Count the lines below that hold "antt". Give the number without comment.
:: DATA PROVIDED ::
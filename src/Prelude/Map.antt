-- ===== src/Prelude/Map.antt =====
-- `BTreeMap`: entries in the order of their keys, one for each key.
use Prim.Native.Nat.{Ordering}
use Prim.Native.Nat.Ordering.{lt, eq, gt}
use mathlib.Core.Path.{◌≡◌}
use mathlib.Core.Logic.{◌≢◌}
use mathlib.Core.Option.{Option, none, some}
use mathlib.Core.List.{List, [], ◌∷◌}
use native.Mathlib.Omega.{arith}
use previously_on.Prelude.Order.{IsOrder}

abbrev pub BTreeMap {ℓ κ} : Type ℓ → Type κ → Type (ℓ ⊔ κ)
BTreeMap K V = List (K × V)

module _ {ℓ κ} {K : Type ℓ} {V : Type κ} (cmp : K → K → Ordering) where
  -- `get`, by a walk over all entries.
  unfoldable pub map_get : K → BTreeMap K V → Option V
  map_get k [] = none
  map_get k ((j, v) ∷ m) = let rest = map_get k m in elim (cmp k j) [ eq ↦ some v | _ ↦ rest ]

  -- `insert`, which replaces the value of a key that is there.
  unfoldable pub map_insert : K → V → BTreeMap K V → BTreeMap K V
  map_insert k v [] = (k, v) ∷ []
  map_insert k v ((j, w) ∷ m) =
      let rest = map_insert k v m in
      elim (cmp k j) [ lt ↦ (k, v) ∷ (j, w) ∷ m | eq ↦ (k, v) ∷ m | gt ↦ (j, w) ∷ rest ]

abbrev pub map_values {ℓ κ} : {K : Type ℓ} {V : Type κ} → BTreeMap K V → List V
map_values [] = []
map_values ((k, v) ∷ m) = v ∷ map_values m

module _ {ℓ κ} {K : Type ℓ} {V : Type κ} {cmp : K → K → Ordering} (o : IsOrder cmp) where
  pub map_get-insert_self :
      (k : K) (v : V) (m : BTreeMap K V) → map_get cmp k (map_insert cmp k v m) ≡ some v
  unfolding map_get map_insert
  map_get-insert_self k v [] = ground (arith, o.flips k k)
  map_get-insert_self k v ((j, w) ∷ m) = ground (arith, o.flips k k, map_get-insert_self k v m)

  pub map_get-insert_ne :
      (k j : K) (v : V) (m : BTreeMap K V)
      → cmp j k ≢ eq
      → map_get cmp j (map_insert cmp k v m) ≡ map_get cmp j m
  unfolding map_get map_insert
  map_get-insert_ne k j v [] h = ground arith
  map_get-insert_ne k j v ((i, w) ∷ m) h =
      ground (arith, o.alike k i j, o.flips i j, o.flips k j, map_get-insert_ne k j v m)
:::
* **RESPONSE AREA**:
2